The special meeting is currently scheduled to be held on Tuesday, September 22, 2015 at 10:00 a.m., local time, at Remy’s headquarters (600 Corporation Drive, Pendleton, Indiana 46064). Stockholders of record as of the close of business on August 14, 2015 will be entitled to notice of and to vote at (in person or by proxy) the special meeting and at any adjournment or postponement thereof.

The definitive proxy statement in respect of the special meeting was filed with the United States Securities and Exchange Commission on August 18, 2015, and Remy currently expects to commence mailing of the proxy materials to stockholders on or about August 20, 2015.

Remy’s board of directors recommends a vote “FOR” approval of the proposal to adopt the merger agreement.

The closing of the proposed acquisition of Remy by BorgWarner remains subject to other customary closing conditions in addition to the adoption of the merger agreement by Remy’s stockholders, including the making or obtaining of any filings, authorizations, consents or approvals regarding the acquisition required pursuant to antitrust laws in Austria, Germany, China, Korea and Mexico and the termination or expiration of any applicable waiting period thereunder.

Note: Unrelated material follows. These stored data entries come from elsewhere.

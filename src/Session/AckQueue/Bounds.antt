-- ===== src/Session/AckQueue/Bounds.antt =====
-- What the queue keeps, and what is popped from it.
use raknet_rust.Common.{
  ℕ, zero, suc, ◌+◌, ◌-◌, ◌≤◌, ◌<◌, ◌≡◌, refl, ◌∙◌, ap, max, ◌⊎◌, inl, inr, false, not, ◌&&◌, ◌==◌,
  ltb, leb, List, [], ◌∷◌, ◌++◌, length, length-append, none, some, arith, Bool-cases, Option-cases,
}
use raknet_rust.Protocol.Ack.{SequenceRange, IsRange, split_wrapping}
use raknet_rust.Protocol.Ack.Cover.{split_wrapping-Covers}
use raknet_rust.Session.AckQueue.{
  AckQueue, join_back, push_into, push, wire_size, pop_loop, pop_for_mtu,
}

length-join_back :
    (queue : List SequenceRange) (range : SequenceRange) (q : List SequenceRange)
    → join_back queue range ≡ some q
    → length q ≡ length queue
unfolding join_back
length-join_back [] range q e = cc
length-join_back (last ∷ []) range q e = ground (arith, e)
length-join_back (r ∷ s ∷ rs) range q e = elim (Option-cases (join_back (s ∷ rs) range)) [
  | inl n ↦ ground (arith, n, e)
  | inr (p, f) ↦ let r = length-join_back (s ∷ rs) range p f in ground (arith, r, f, e)
]

length-push_into :
    (fuel max : ℕ) (queue : List SequenceRange) (range : SequenceRange)
    → length queue ≤ max
    → length (push_into fuel max queue range) ≤ max
unfolding push_into
length-push_into zero max queue range h = h
length-push_into (suc fuel) max queue range h = elim (Bool-cases (leb max (length queue))) [
  | inl f ↦ rw f h
  | inr f ↦ elim (Option-cases (join_back queue range)) [
    | inr (q, e) ↦ rw (f, e) (omega (arith, length-join_back queue range q e))
    | inl e ↦ elim (Option-cases (split_wrapping range)) [
      | inr ((left, right), s) ↦
          rw (f, e, s)
            (length-push_into fuel max (push_into fuel max queue left) right
              (length-push_into fuel max queue left h))
      | inl s ↦ rw (f, e, s) (ground (arith, f, length-append queue (range ∷ [])))
    ]
  ]
]

-- The queue never has more ranges than its limit.
pub length-push :
    (q : AckQueue) (range : SequenceRange)
    → length q.queue ≤ q.max_ranges
    → length (push q range).queue ≤ (push q range).max_ranges
unfolding push
length-push q range h = length-push_into 2 q.max_ranges q.queue range h

abbrev pub wire_sizes : List SequenceRange → ℕ
wire_sizes [] = 0
wire_sizes (r ∷ rs) = wire_size r + wire_sizes rs

-- No further range would have been taken.
abbrev pub Stops : ℕ → ℕ → ℕ → ℕ → List SequenceRange → Type 0
Stops mtu limit used count [] = Unit {0}
Stops mtu limit used count (r ∷ rs) = (limit ≤ count) ⊎ ((0 < count) × (mtu < used + wire_size r))

-- Nothing is taken, or the first range alone, or what is taken fits.
abbrev pub Fits : ℕ → ℕ → ℕ → List SequenceRange → Type 0
Fits mtu used count out =
    ((wire_sizes out ≡ 0) × (length out ≡ 0))
    ⊎ (((count ≡ 0) × (length out ≡ 1)) ⊎ (used + wire_sizes out ≤ mtu))

Fits-cons :
    (mtu used count : ℕ) (r : SequenceRange) (out : List SequenceRange)
    → (not (count == 0) && ltb mtu (used + wire_size r)) ≡ false
    → Fits mtu (used + wire_size r) (count + 1) out
    → Fits mtu used count (r ∷ out)
Fits-cons mtu used count r out g (inl (z, l)) = elim (Bool-cases (count == 0)) [
  | inl e ↦ inr (inl (ground (arith, e), ground arith))
  | inr e ↦ inr (inr (ground (arith, e, g, z)))
]
Fits-cons mtu used count r out g (inr (inl (z, l))) = absurd (omega (arith, z))
Fits-cons mtu used count r out g (inr (inr h)) = inr (inr (omega (arith, h)))

Stops-shift :
    (mtu limit used used' count count' : ℕ) (rest : List SequenceRange)
    → used ≡ used'
    → count ≡ count'
    → Stops mtu limit used count rest
    → Stops mtu limit used' count' rest
Stops-shift mtu limit used used' count count' [] e f h = tt
Stops-shift mtu limit used used' count count' (r ∷ rest) e f h = ground (arith, e, f, h)

pop_loop_lem :
    (mtu limit used count : ℕ) (queue : List SequenceRange)
    → let out = (pop_loop mtu limit used count queue).0 in
      let rest = (pop_loop mtu limit used count queue).1 in
      (out ++ rest ≡ queue)
      × (length out ≤ limit - count)
      × Fits mtu used count out
      × Stops mtu limit (used + wire_sizes out) (count + length out) rest
unfolding pop_loop
pop_loop_lem mtu limit used count [] = (refl, omega arith, inl (refl, refl), tt)
pop_loop_lem mtu limit used count (r ∷ queue) =
    let (out, rest) = pop_loop mtu limit (used + wire_size r) (count + 1) queue in
    let (a, b, c, d) = pop_loop_lem mtu limit (used + wire_size r) (count + 1) queue in
    elim (Bool-cases (leb limit count)) [
      | inl f ↦ rw f (refl, omega arith, inl (refl, refl), inl (ground (arith, f)))
      | inr f ↦ elim (Bool-cases (not (count == 0) && ltb mtu (used + wire_size r))) [
        | inl g ↦ rw (f, g) (refl, omega arith, inl (refl, refl), inr (ground (arith, g)))
        | inr g ↦
            rw (f, g)
              (
                ap (λ t. r ∷ t) a,
                ground (arith, b, f),
                Fits-cons mtu used count r out g c,
                Stops-shift mtu limit (used + wire_size r + wire_sizes out)
                    (used + (wire_size r + wire_sizes out)) (count + 1 + length out)
                    (count + suc (length out)) rest (omega arith) (omega arith) d,
              )
      ]
    ]

-- What is popped and what stays is the queue as it was, in its order. At most `max_ranges` are popped,
-- and they fit the MTU behind the overhead, except that the first range leaves whatever its size. And
-- as many are popped as fit: the loop stops at the limit, or in front of a range that does not fit.
pub pop_for_mtu_lem :
    (q : AckQueue) (mtu base_overhead max_ranges : ℕ)
    → let out = (pop_for_mtu q mtu base_overhead max_ranges).1 in
      let rest = (pop_for_mtu q mtu base_overhead max_ranges).0.queue in
      (out ++ rest ≡ q.queue)
      × (length out ≤ max_ranges)
      × Fits mtu base_overhead 0 out
      × Stops mtu max_ranges (base_overhead + wire_sizes out) (length out) rest
unfolding pop_for_mtu
pop_for_mtu_lem q mtu base max_ranges =
    let (out, rest) = pop_loop mtu max_ranges base 0 q.queue in
    let (a, b, c, d) = pop_loop_lem mtu max_ranges base 0 q.queue in
    elim (Bool-cases (max_ranges == 0)) [
      | inr f ↦ rw f (
        a,
        omega (arith, b),
        c,
        Stops-shift mtu max_ranges (base + wire_sizes out) (base + wire_sizes out) (0 + length out)
            (length out) rest refl (omega arith) d,
      )
      | inl f ↦ rw f (refl, omega arith, inl (refl, refl), stops q.queue (ground (arith, f)))
    ]
  where
    stops : (rs : List SequenceRange) → max_ranges ≤ 0 → Stops mtu max_ranges (base + 0) 0 rs
    stops [] h = tt
    stops (r ∷ rs) h = inl h

halves_lem :
    (range left right : SequenceRange)
    → IsRange range
    → split_wrapping range ≡ some (left, right)
    → (split_wrapping left ≡ none) × (split_wrapping right ≡ none)
unfolding split_wrapping
halves_lem range left right h e =
    let (l, r, c) = split_wrapping-Covers range left right 0 h (omega arith) e in
    (ground (arith, l), ground (arith, r))

push_flat :
    (n limit : ℕ) (queue : List SequenceRange) (range : SequenceRange)
    → split_wrapping range ≡ none
    → push_into (suc n) limit queue range ≡ push_into 1 limit queue range
unfolding push_into
push_flat n limit queue range e = elim (Bool-cases (leb limit (length queue))) [
  | inl f ↦ rw f refl
  | inr f ↦ elim (Option-cases (join_back queue range)) [
    | inr (q, j) ↦ rw (f, j) refl
    | inl j ↦ rw (f, j, e) refl
  ]
]

-- The halves of a range that wraps are pushed in one round each.
push_halves :
    (n limit : ℕ) (queue : List SequenceRange) (range left right : SequenceRange)
    → IsRange range
    → split_wrapping range ≡ some (left, right)
    → push_into (suc n) limit (push_into (suc n) limit queue left) right
      ≡ push_into 1 limit (push_into 1 limit queue left) right
push_halves n limit queue range left right h e =
    let (l, r) = halves_lem range left right h e in
    push_flat n limit _ right r
    ∙ ap (λ q. push_into 1 limit q right) (push_flat n limit queue left l)

-- Two rounds of `push_into` are enough for any range: more change nothing.
pub push_fuel :
    (n limit : ℕ) (queue : List SequenceRange) (range : SequenceRange)
    → IsRange range
    → push_into (suc (suc n)) limit queue range ≡ push_into 2 limit queue range
unfolding push_into
push_fuel n limit queue range h = elim (Bool-cases (leb limit (length queue))) [
  | inl f ↦ rw f refl
  | inr f ↦ elim (Option-cases (join_back queue range)) [
    | inr (q, j) ↦ rw (f, j) refl
    | inl j ↦ elim (Option-cases (split_wrapping range)) [
      | inl e ↦ rw (f, j, e) refl
      | inr ((left, right), e) ↦ rw (f, j, e) (push_halves n limit queue range left right h e)
    ]
  ]
]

Assuming the timely satisfaction of the closing conditions, the transaction is currently expected to be completed in the fourth quarter of 2015.

About Remy International, Inc.

Founded by the Remy brothers in 1896, Remy International, Inc. (NASDAQ: REMY) is a leading global manufacturer, remanufacturer, and distributor of alternators, starter motors, and electric traction motors for the automotive and commercial vehicle industry, marketed under the Remy® and Delco Remy® brands. The company also provides multiline products through its subsidiaries. Headquartered in Pendleton, Indiana, with operations across five continents and ten countries, Remy is a trusted partner to original equipment manufacturers and aftermarket organizations worldwide, delivering creative solutions for today's vehicle challenges.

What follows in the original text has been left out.